Read the right books
Kristen Mosier, a mom of three and one of the founders of the Cranford Unity Project, a local organization that works to promote inclusivity and help amplify the voices of marginalized groups, suggests making sure her kid’s library is stocked with fiction and non-fiction books that feature characters from different backgrounds, cultures and circumstance. “I hope that by hearing about diverse experiences, they begin to value and gain empathy for each unique story, while recognizing their own emotional experience,” she says. “These books also open the door for important discussions that lead to an increase in their learning and understanding.”
Take care of yourself
“Don’t just show kindness to others; know how to be kind to yourself as well,” Denham points out. “Letting your kids see you taking care of yourself helps model self-care and self-compassion. This begins with reflective self-awareness in the form of ‘I had a hard day at work today, what can I take off my plate tonight?’”
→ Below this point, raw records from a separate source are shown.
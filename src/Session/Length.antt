-- ===== src/Session/Length.antt =====
-- remoting/inc/asioSession.hpp: the length field. Its bytes are read as signed `char`s with no mask,
-- so that a byte from 128 on spreads its sign over the bytes before it.
use kiteq_client_cpp.Base.{
  ℕ, ◌+◌, ◌*◌, ◌/◌, ◌%◌, ◌^◌, ◌≤◌, ◌<◌, ◌≡◌, ◌↔◌, arith, bit_or, ◌⊎◌, inl, inr,
}
use native.Mathlib.Decide.{dec_lt}
use native.Mathlib.Nat.{le_trans}
use kiteq_client_cpp.Base.Word.{char_to_int, shl32}
use kiteq_client_cpp.Base.Bits.{bit_or_fields, le-bit_or_left, le-bit_or_right}
use kiteq_client_cpp.Session.{Pkglen, packet_length}

-- The length field that a peer sends for n, as `ByteBuf::writeInt` writes it.
abbrev pub length_field : ℕ → Pkglen
length_field n = record {
  c0 = n / 2 ^ 24 % 256;
  c1 = n / 2 ^ 16 % 256;
  c2 = n / 2 ^ 8 % 256;
  c3 = n % 256;
}

-- No byte of the field has its sign bit set.
pub record IsPlain (n : ℕ) : Type 0 where
  pub small2 : n / 2 ^ 16 % 256 < 128
  pub small1 : n / 2 ^ 8 % 256 < 128
  pub small0 : n % 256 < 128

char_small : (c : ℕ) → c < 128 → char_to_int c ≡ c
char_small c h = ground arith

shl_small : (x k : ℕ) → x * 2 ^ k < 2 ^ 32 → shl32 x k ≡ x * 2 ^ k
shl_small x k h = omega arith

-- Such a length is read back.
pub packet_length-IsPlain : (n : ℕ) → n < 2 ^ 31 → IsPlain n → packet_length (length_field n) ≡ n
unfolding packet_length
packet_length-IsPlain n h p =
    let b0 = n / 2 ^ 24 % 256 in
    let b1 = n / 2 ^ 16 % 256 in
    let b2 = n / 2 ^ 8 % 256 in
    let b3 = n % 256 in
    let regroup16 : b0 * 2 ^ 24 + b1 * 2 ^ 16 ≡ (b0 * 2 ^ 8 + b1) * 2 ^ 16 = omega arith in
    let regroup8 : (b0 * 2 ^ 8 + b1) * 2 ^ 16 + b2 * 2 ^ 8
        ≡ (b0 * 2 ^ 16 + b1 * 2 ^ 8 + b2) * 2 ^ 8 =
      omega arith in
    rw
      (
        char_small b0 (omega arith),
        char_small b1 p.small2,
        char_small b2 p.small1,
        char_small b3 p.small0,
        shl_small b0 24 (omega arith),
        shl_small b1 16 (omega arith),
        shl_small b2 8 (omega arith),
        bit_or_fields 24 b0 (b1 * 2 ^ 16) (omega arith),
        regroup16,
        bit_or_fields 16 (b0 * 2 ^ 8 + b1) (b2 * 2 ^ 8) (omega arith),
        regroup8,
        bit_or_fields 8 (b0 * 2 ^ 16 + b1 * 2 ^ 8 + b2) b3 (omega arith),
      )
      (omega arith)

-- Any other is read as a negative `int`.
pub packet_length_negative : (n : ℕ) → ¬ IsPlain n → 2 ^ 31 ≤ packet_length (length_field n)
unfolding packet_length
packet_length_negative n odd = elim (dec_lt b3 128) [
  | no p ↦ le_trans (high_byte p) (le-bit_or_right (bit_or (bit_or s0 s1) s2) (char_to_int b3))
  | yes p3 ↦ elim (dec_lt b2 128) [
    | no p ↦ le_trans (high_shift1 p) (
        le_trans (le-bit_or_right (bit_or s0 s1) s2)
          (le-bit_or_left (bit_or (bit_or s0 s1) s2) (char_to_int b3)))
    | yes p2 ↦ elim (dec_lt b1 128) [
      | no p ↦ le_trans (high_shift2 p) (
          le_trans (le-bit_or_right s0 s1) (
            le_trans (le-bit_or_left (bit_or s0 s1) s2)
              (le-bit_or_left (bit_or (bit_or s0 s1) s2) (char_to_int b3))))
      | yes p1 ↦ absurd (odd (record { small2 = p1; small1 = p2; small0 = p3 }))
    ]
  ]
]
  where
    b0 : ℕ
    b0 = n / 2 ^ 24 % 256

    b1 : ℕ
    b1 = n / 2 ^ 16 % 256

    b2 : ℕ
    b2 = n / 2 ^ 8 % 256

    b3 : ℕ
    b3 = n % 256

    s0 : ℕ
    s0 = shl32 (char_to_int b0) 24

    s1 : ℕ
    s1 = shl32 (char_to_int b1) 16

    s2 : ℕ
    s2 = shl32 (char_to_int b2) 8

    high_byte : ¬ (b3 < 128) → 2 ^ 31 ≤ char_to_int b3
    high_byte p = ground arith

    high_shift1 : ¬ (b2 < 128) → 2 ^ 31 ≤ s2
    high_shift1 p = ground arith

    high_shift2 : ¬ (b1 < 128) → 2 ^ 31 ≤ s1
    high_shift2 p = ground arith

IsPlain-cases : (n : ℕ) → IsPlain n ⊎ (¬ IsPlain n)
IsPlain-cases n = elim (dec_lt (n / 2 ^ 16 % 256) 128) [
  | no q ↦ inr (λ p. q p.small2)
  | yes p2 ↦ elim (dec_lt (n / 2 ^ 8 % 256) 128) [
    | no q ↦ inr (λ p. q p.small1)
    | yes p1 ↦ elim (dec_lt (n % 256) 128) [
      | no q ↦ inr (λ p. q p.small0)
      | yes p0 ↦ inl (record { small2 = p2; small1 = p1; small0 = p0 })
    ]
  ]
]

-- For a length below 2^31, what the session reads from the four bytes of the length field is
-- that length exactly if none of the lower three bytes has its sign bit set.
pub packet_length_iff : (n : ℕ) → n < 2 ^ 31 → (packet_length (length_field n) ≡ n) ↔ IsPlain n
packet_length_iff n h = (λ e. plain_if e (IsPlain-cases n), packet_length-IsPlain n h)
  where
    plain_if : packet_length (length_field n) ≡ n → IsPlain n ⊎ (¬ IsPlain n) → IsPlain n
    plain_if e (inl p) = p
    plain_if e (inr odd) = absurd (omega (arith, packet_length_negative n odd))
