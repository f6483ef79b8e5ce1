-- ===== src/Session/Frames.antt =====
-- remoting/inc/asioSession.hpp: one frame through the two completion handlers.
use kiteq_client_cpp.Base.{
  ℕ, ◌+◌, ◌%◌, ◌^◌, ◌≤◌, ◌<◌, ◌≡◌, refl, ◌∙◌, Bool, true, Bool-cases, inl, inr, List, [], ◌++◌,
  length, arith, length-append, le→ltb, lt→ltb, le→leb, take-append_eq, drop-append_eq, ltb,
  if◌then◌else◌,
}
use kiteq_client_cpp.Base.Word.{int_to_size, slt32}
use kiteq_client_cpp.ByteBuf.{Platform}
use kiteq_client_cpp.ByteBuf.Fields.{int_bytes}
use kiteq_client_cpp.Protocol.{Codec, packet_head_len, max_packet_bytes}
use kiteq_client_cpp.KitePacket.{Header, KitePacket, Outcome, parse_from}
use kiteq_client_cpp.KitePacket.RoundTrip.{IsSendable}
use kiteq_client_cpp.Session.{
  Session, read_length, read_body, throws, success, packet_length, async_read_pkglen,
  async_read_pkgdata, after_parse, conn_step,
}
use kiteq_client_cpp.Session.Length.{
  IsPlain, length_field, packet_length-IsPlain, packet_length_negative,
}

int_to_size_negative : (x : ℕ) → 2 ^ 31 ≤ x → 2 ^ 63 ≤ int_to_size x
int_to_size_negative x h = ground arith

-- A header and a message that the session can take in: what `parseFrom` gives back, in a frame that
-- is short enough and whose length field has no byte with its sign bit set.
pub record IsReceivable {M : Type 0} (codec : Codec M) (h : Header) (m : M) : Type 0 where
  pub sendable : IsSendable codec h m
  pub narrow : h.extension < 2 ^ 32
  pub within : packet_head_len + length (codec.serialize m) < max_packet_bytes
  pub plain : (packet_head_len + length (codec.serialize m)) % 256 < 128

module _ {M : Type 0} where
  -- The session once a length field has been read.
  abbrev pub with_length : Session M → ℕ → Session M
  with_length s n = record s { pkglen = length_field n }

  -- The session after a packet was delivered: its buffer is empty again.
  abbrev pub delivered : ℕ → KitePacket M → Session M
  delivered n pkg = record { read_buffer = []; pkglen = length_field n; pkg = pkg }

module _ (pf : Platform) (max_size end_code : ℕ) {M : Type 0} (codec : Codec M) where
  pub length_step :
      (s : Session M) (n : ℕ) (rest : List ℕ)
      → conn_step pf max_size end_code codec s read_length (int_bytes n ++ rest) ≡ record {
        session = with_length s n;
        action =
            let len = int_to_size (packet_length (length_field n)) in
            if ltb max_size (length s.read_buffer + len) then throws else read_body len;
        stream = rest;
      }
  unfolding conn_step async_read_pkglen
  length_step s n rest =
      rw (le→leb 4 (length (int_bytes n ++ rest)) (omega arith))
        (elim (Bool-cases
          (ltb max_size (length s.read_buffer + int_to_size (packet_length (length_field n))))) [
            | inl e ↦ rw e
            | inr e ↦ rw e
          ])

  -- A length that is read back starts a read of that many bytes.
  pub length_step-IsPlain :
      (s : Session M) (n : ℕ) (rest : List ℕ)
      → n < 2 ^ 31
      → IsPlain n
      → length s.read_buffer + n ≤ max_size
      → conn_step pf max_size end_code codec s read_length (int_bytes n ++ rest)
        ≡ record { session = with_length s n; action = read_body n; stream = rest }
  length_step-IsPlain s n rest short p fits =
      length_step s n rest
      ∙ rw (
        packet_length-IsPlain n short p,
        le→leb_false,
        le→ltb max_size (length s.read_buffer + n) fits,
      )
    where
      le→leb_false : int_to_size n ≡ n
      le→leb_false = ground arith

  -- Any other length makes `prepare` throw.
  pub length_step-throws :
      (s : Session M) (n : ℕ) (rest : List ℕ)
      → max_size < 2 ^ 63
      → ¬ IsPlain n
      → conn_step pf max_size end_code codec s read_length (int_bytes n ++ rest)
        ≡ record { session = with_length s n; action = throws; stream = rest }
  length_step-throws s n rest bound odd =
      length_step s n rest
      ∙ rw (
          lt→ltb max_size (length s.read_buffer + int_to_size (packet_length (length_field n)))
            (omega (arith, int_to_size_negative _ (packet_length_negative n odd))))

  -- A read that the stream can fill completes with its first bytes.
  pub body_step :
      (s : Session M) (bytes rest : List ℕ)
      → conn_step pf max_size end_code codec s (read_body (length bytes)) (bytes ++ rest) ≡ (
          let r = async_read_pkgdata pf codec s success bytes in
          record { session = r.0; action = r.1; stream = rest })
  unfolding conn_step
  body_step s bytes rest = rw (
    le→leb (length bytes) (length (bytes ++ rest)) (omega (arith, length-append bytes rest)),
    take-append_eq (length bytes) bytes rest refl,
    drop-append_eq (length bytes) bytes rest refl,
  )

  -- The data handler on the whole body of a plain length, in a session with an empty buffer.
  pub pkgdata_lem :
      (s : Session M) (n : ℕ) (bytes : List ℕ) (r : Outcome (Bool × KitePacket M))
      → s.read_buffer ≡ []
      → n < max_packet_bytes
      → IsPlain n
      → parse_from pf codec s.pkg bytes n ≡ r
      → async_read_pkgdata pf codec (with_length s n) success bytes
        ≡ after_parse
            (record { read_buffer = bytes; pkglen = length_field n; pkg = s.pkg })
            (length bytes)
            n
            r
  unfolding async_read_pkgdata
  pkgdata_lem s n bytes r empty_buffer small p parsed =
      rw (packet_length-IsPlain n (omega arith) p, slt, empty_buffer, parsed)
    where
      slt : slt32 n max_packet_bytes ≡ true
      slt = ground arith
“Help your child get involved in neighborhood projects, such as food pantries and other volunteer opportunities, like supporting recycling or fundraising for charities,” Grover says, adding that it can be an especially good option for older kids who seem to have missed the boat. “I worked with a teenager who was extremely disrespectful to his parents and had a toxic sense of entitlement. His parents were deeply discouraged by his behavior and no amount of therapy seemed to be making a difference,” recalls Grover. “One summer, they forced him to take a job helping children with severe disabilities.” Grover notes that the job entailed carrying the children down to the beach, holding them up in the water and helping feed them during meals. When shopping, Grover explains, the teen pushed the kids in wheelchairs and had to navigate crowded malls where “no one seemed to care” how hard life was for these kids. “That summer profoundly changed him,” Grover says. “He cried in my office about how unfair life was for these children. He suddenly had an appreciation for his privileged life, his parent’s generosity and his health and physical mobility — things he had never considered before. He matured massively, and the experience changed the course of his life.”